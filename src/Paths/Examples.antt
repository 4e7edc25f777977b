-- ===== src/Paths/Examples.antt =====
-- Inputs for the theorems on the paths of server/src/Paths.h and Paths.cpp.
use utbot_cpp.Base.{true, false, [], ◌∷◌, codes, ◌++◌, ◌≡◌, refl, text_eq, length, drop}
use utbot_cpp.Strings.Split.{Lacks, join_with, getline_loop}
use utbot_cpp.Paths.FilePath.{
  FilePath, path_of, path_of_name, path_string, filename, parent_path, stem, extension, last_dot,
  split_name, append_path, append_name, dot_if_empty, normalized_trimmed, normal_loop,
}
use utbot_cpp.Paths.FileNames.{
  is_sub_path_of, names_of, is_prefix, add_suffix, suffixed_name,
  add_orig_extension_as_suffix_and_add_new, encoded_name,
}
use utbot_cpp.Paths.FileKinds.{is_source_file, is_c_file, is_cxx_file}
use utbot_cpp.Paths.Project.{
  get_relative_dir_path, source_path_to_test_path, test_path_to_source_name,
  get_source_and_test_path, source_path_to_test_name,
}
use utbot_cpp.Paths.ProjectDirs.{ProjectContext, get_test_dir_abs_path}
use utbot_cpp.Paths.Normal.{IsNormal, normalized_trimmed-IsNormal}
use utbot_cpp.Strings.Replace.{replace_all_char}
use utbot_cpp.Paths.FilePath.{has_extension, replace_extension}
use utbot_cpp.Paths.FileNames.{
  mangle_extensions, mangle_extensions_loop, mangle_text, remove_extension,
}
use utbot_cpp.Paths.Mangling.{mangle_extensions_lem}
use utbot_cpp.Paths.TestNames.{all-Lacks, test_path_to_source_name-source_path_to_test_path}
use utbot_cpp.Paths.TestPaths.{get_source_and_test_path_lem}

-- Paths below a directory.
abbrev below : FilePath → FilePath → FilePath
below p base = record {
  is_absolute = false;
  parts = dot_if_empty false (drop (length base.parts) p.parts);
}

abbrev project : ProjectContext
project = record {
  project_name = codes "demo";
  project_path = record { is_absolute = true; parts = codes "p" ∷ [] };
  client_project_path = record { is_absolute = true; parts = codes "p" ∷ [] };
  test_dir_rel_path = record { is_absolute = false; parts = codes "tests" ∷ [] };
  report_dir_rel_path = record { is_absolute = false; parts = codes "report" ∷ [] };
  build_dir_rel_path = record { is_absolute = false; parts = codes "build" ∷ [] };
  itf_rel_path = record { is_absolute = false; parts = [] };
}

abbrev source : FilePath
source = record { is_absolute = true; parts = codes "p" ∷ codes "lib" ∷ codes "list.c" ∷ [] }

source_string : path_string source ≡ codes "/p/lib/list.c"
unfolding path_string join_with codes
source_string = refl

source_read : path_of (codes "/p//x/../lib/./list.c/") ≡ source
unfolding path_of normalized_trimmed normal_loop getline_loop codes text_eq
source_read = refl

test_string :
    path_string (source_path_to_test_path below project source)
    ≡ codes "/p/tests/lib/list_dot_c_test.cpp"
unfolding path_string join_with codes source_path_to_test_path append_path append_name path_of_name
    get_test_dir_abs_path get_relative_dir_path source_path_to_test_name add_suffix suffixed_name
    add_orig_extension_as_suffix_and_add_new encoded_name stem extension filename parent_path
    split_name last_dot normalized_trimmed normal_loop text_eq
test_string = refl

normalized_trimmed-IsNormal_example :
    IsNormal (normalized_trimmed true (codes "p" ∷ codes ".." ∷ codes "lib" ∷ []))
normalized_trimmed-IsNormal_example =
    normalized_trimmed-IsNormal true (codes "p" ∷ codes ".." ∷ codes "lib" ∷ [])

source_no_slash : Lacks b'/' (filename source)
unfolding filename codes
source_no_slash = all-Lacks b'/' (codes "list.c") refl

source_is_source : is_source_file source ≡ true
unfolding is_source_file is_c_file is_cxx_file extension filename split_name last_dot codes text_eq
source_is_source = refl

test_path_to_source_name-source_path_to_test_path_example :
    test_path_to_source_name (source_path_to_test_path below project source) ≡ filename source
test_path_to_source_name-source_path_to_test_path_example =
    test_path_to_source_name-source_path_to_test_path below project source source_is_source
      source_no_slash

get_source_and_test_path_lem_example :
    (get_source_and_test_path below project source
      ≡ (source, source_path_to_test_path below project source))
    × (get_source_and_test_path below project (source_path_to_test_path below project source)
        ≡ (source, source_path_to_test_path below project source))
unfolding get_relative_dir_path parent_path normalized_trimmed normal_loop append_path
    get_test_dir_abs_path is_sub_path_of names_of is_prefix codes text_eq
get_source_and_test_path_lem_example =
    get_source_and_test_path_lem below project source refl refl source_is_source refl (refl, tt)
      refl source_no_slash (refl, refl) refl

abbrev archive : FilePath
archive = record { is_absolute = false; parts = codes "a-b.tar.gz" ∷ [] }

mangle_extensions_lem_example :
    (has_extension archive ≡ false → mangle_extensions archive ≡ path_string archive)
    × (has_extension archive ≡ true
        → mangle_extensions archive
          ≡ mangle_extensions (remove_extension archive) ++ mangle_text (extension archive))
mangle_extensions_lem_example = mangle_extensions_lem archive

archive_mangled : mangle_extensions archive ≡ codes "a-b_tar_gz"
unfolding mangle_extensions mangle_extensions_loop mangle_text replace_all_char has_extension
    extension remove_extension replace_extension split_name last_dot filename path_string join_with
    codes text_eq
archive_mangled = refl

····················

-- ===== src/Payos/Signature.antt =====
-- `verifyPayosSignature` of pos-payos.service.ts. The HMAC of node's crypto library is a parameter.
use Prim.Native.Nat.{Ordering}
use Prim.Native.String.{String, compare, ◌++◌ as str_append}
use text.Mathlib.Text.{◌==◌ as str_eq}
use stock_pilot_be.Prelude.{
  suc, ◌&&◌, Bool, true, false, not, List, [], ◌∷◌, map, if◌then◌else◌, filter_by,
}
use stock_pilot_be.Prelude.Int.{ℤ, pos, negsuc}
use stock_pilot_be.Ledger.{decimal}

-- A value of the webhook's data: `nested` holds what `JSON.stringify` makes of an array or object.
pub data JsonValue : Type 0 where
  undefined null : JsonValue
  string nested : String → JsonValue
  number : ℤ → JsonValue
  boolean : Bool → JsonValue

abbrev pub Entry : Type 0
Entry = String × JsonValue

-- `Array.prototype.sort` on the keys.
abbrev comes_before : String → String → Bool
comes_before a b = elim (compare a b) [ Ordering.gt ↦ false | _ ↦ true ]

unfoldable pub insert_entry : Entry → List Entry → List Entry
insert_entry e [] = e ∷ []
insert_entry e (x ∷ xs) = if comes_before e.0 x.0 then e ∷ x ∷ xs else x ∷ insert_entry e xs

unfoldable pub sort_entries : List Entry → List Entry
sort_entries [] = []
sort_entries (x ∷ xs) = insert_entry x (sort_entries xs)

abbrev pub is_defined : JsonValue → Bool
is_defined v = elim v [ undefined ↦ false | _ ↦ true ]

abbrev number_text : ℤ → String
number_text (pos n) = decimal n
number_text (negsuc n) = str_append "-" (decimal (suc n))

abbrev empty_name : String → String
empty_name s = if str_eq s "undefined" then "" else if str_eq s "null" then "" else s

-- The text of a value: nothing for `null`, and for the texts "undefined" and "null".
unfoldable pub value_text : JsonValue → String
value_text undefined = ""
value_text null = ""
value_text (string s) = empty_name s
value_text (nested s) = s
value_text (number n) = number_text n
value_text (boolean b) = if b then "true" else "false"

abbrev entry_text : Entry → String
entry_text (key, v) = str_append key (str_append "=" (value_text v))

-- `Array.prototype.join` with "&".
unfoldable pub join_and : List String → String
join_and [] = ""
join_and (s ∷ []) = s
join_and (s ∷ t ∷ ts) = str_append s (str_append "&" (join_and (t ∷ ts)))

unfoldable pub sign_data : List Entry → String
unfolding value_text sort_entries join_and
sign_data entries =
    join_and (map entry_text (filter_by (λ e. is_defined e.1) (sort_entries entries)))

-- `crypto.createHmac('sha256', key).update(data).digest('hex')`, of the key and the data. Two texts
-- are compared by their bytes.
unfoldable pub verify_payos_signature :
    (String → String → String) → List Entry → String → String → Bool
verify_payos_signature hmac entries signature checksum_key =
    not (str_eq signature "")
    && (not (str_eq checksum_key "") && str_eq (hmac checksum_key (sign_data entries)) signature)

····················

Work request:
The lines above from the one with "get_source_and_test_path_lem below project" through the one with "archive_mangled = refl" are to be duplicated exactly, ends included, with nothing added.

Response to this exercise:
    get_source_and_test_path_lem below project source refl refl source_is_source refl (refl, tt)
      refl source_no_slash (refl, refl) refl

abbrev archive : FilePath
archive = record { is_absolute = false; parts = codes "a-b.tar.gz" ∷ [] }

mangle_extensions_lem_example :
    (has_extension archive ≡ false → mangle_extensions archive ≡ path_string archive)
    × (has_extension archive ≡ true
        → mangle_extensions archive
          ≡ mangle_extensions (remove_extension archive) ++ mangle_text (extension archive))
mangle_extensions_lem_example = mangle_extensions_lem archive

archive_mangled : mangle_extensions archive ≡ codes "a-b_tar_gz"
unfolding mangle_extensions mangle_extensions_loop mangle_text replace_all_char has_extension
    extension remove_extension replace_extension split_name last_dot filename path_string join_with
    codes text_eq
archive_mangled = refl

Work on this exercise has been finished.